Data shown section start

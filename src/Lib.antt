-- ===== src/Lib.antt =====
-- A verification library for the memory manager, the linked list, the barrier and the allocation
-- tracer of this repository.
--
-- The program. memory_manager.c gives out pieces of one pool of bytes. A list of block headers,
-- each allocated with malloc, says which stretch of the pool is free or in use: mem_alloc takes
-- the first free block that is large enough and cuts it in two, mem_free marks a block free and
-- merges it with its free neighbours, mem_resize keeps or moves a block, and mem_init and
-- mem_deinit begin and end the pool. Each call but mem_init holds one mutex. linked_list.c keeps
-- its nodes in that pool. common_defs.h has the barrier at which the test threads meet. cM2.c is a
-- library of its own that stands before the C library's allocator and prints each call.
--
-- The model.
--   Prelude         shared names, Boolean tests, lists measured by native numbers
--   Machine         addresses, 64-bit words, stores, and commands: a command returns, faults
--                   (undefined behaviour), blocks on a mutex, ends the program, or runs
--                   out of fuel. Machine/Returns is total correctness of a run, Machine/Outcome
--                   that it returns right, faults or ends the program
--   Memory          memory_manager.c, function by function, under the names of the source. A
--                   Manager holds the globals and what malloc has given out: headers, pools,
--                   bytes (Memory/Base)
--   Memory/Chain    which headers form the block list; Memory/Becomes what a call changes and
--                   spares, Memory/Framed what many calls spare
--   Spans           the block list with the header addresses forgotten: alloc, release, find and
--                   resize are its operations, and its children prove what they keep
--   Memory/Carve, Alloc, Merge, Release, Copy, Resize, Lifetime
--                   the C functions carry out the operations on spans
--   Memory/Ready    the invariant between calls; Memory/Calls, Contract, Limits what callers
--                   can rely on, and where they cannot; Memory/Tests runs and instances
--   Memory/Partial, Moves
--                   the same where malloc may have no room and the arguments are arbitrary: a call
--                   does as on spans, or faults. Memory/Body cuts each call into lock, body, unlock
--   LinkedList      linked_list.c, function by function, over Memory. A Program holds the manager,
--                   the node stored at each address, the list's mutex, the head, and what was printed
--                   (LinkedList/Base)
--   LinkedList/Linked, Ready
--                   which nodes form the list, each of them a block in use; LinkedList/Link, Init,
--                   Insert, After, Delete, Walks, Range, Roundtrip, Leak, Cleanup, Limits are about
--                   the calls, LinkedList/Partial and Behind about those that may fault; LinkedList/Body cuts
--                   a call into lock, body, unlock, and no body touches the mutex (LinkedList/Mutex);
--                   LinkedList/Tests runs the list of LinkedList/Bench
--   Barrier         my_barrier_wait of common_defs.h as steps of any number of threads;
--                   Barrier/Invariant, Safety, Progress, Tests, Barrier/Tally, which counts who
--                   waits, and Barrier/Destroy, about my_barrier_destroy
--   Monitor         an object behind a mutex and threads that call it, three steps a call: the lock,
--                   the body in one step, and the unlock. That nothing of another thread comes
--                   into a body is what the mutex is for, and is taken from it here. Monitor/Invariant
--                   has the contract of such an object, Serves, Monitor/Serial what then holds between
--                   the steps, and Monitor/Runs calls of whole functions one after the other
--   Threads         mem_alloc, mem_free and mem_resize: Threads/Serves fills the contract,
--                   Threads/Runs is about the whole functions called one after the other,
--                   Threads/Serial about threads, and Threads/Lifetime about mem_init before and
--                   mem_deinit after them (with Memory/Whole, where the heap is as it was)
--   ListThreads     the list likewise, with list_insert, list_insert_before, list_insert_after,
--                   list_delete, list_search, list_count_nodes and list_display_range from the
--                   head; ListThreads/Good is its invariant, ListThreads/Sequence the abstract
--                   list, a sequence of numbers and the text printed, ListThreads/Runs is about the
--                   functions called one after the other, and ListThreads/Lifetime about list_init
--                   and list_cleanup
--   Tracer          cM2.c, function by function. A State holds the pointers to the real functions, the
--                   fill of the buffer, the flags, memory, and what was printed (Tracer/Base);
--                   Tracer/Answers and Nesting the look-ups within look-ups, Tracer/Buffer what comes out of the buffer,
--                   Tracer/Forward the calls that go on, Tracer/Tests
--
-- Conventions. A pointer is a number, NULL is 0. Sizes and pointer sums wrap at 2^64, as size_t
-- does. The int field free holds 0 or 1. Loops take fuel, and k rounds are enough for a list of
-- fewer than k blocks. malloc and the pthread functions are a parameter, a Platform, whose laws
-- are their documented behaviour: malloc returns NULL or an address that is not in use, a free
-- mutex can be locked and a held one cannot. Headers, pools and the bytes of the pool are
-- separate stores, so that no write to the one reaches the other. A node is read and written
-- whole, at the address where it begins; sizeof(Node) is a parameter, and the nodes of a list in
-- order lie in blocks of that size, which do not overlap, so that nodes stored by address are what
-- C reads and writes. A caller passes pointers to nodes that the list has made. A node that was
-- deleted can overlap those of a pool that was cut anew,
-- so list_insert_after, the one function that writes through such a pointer, stands only where its
-- node is in the list, or where the pool has served nodes only, which all begin at multiples of
-- their size. A value is the uint16_t that the call receives. The fuel of a call made by a
-- thread exceeds the number of blocks at the start and of calls so far, since a call adds one
-- block at most; in the list, of nodes too. A thread at the barrier takes one step for each
-- stretch between two events that others can see: taking the mutex, the counting up to the wait
-- or the broadcast, waking, and the unlock. In the tracer the code at each address is a parameter, and
-- dlsym is a script of the calls that it makes; each look-up within a look-up takes one unit of
-- fuel, and two are enough, one for each function that begins a look-up.
--
-- Not modelled. The return codes of the pthread functions, which the source ignores; the
-- alignment of pointers; two lists at once and the mutex inside a node; threads that call
-- mem_init, mem_deinit, list_init or list_cleanup while others are in a call: these begin and end
-- the pool, before and after the threads; threads that call list_display_range from a node, which
-- another thread may have deleted, so that its links may lead anywhere; what another thread does
-- while a body runs, which the mutex keeps out; threads that call the
-- memory manager beside the list, whose blocks would have to be kept apart by their callers; the
-- macros of common_defs.h, and the bounds of the message buffers of cM2.c; the test drivers and
-- the build files.
pub mod Prelude
pub mod Machine
pub mod Spans
pub mod Memory
pub mod LinkedList
pub mod Tracer
pub mod Barrier
pub mod Monitor
pub mod Threads
pub mod ListThreads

Data shown section end

• _Activity_
Beginning with the line holding "what they keep" and ending with the line holding "operations on spans", write out the stretch of material above exactly; add no further lines.

• _Output for this task_
--                   resize are its operations, and its children prove what they keep
--   Memory/Carve, Alloc, Merge, Release, Copy, Resize, Lifetime
--                   the C functions carry out the operations on spans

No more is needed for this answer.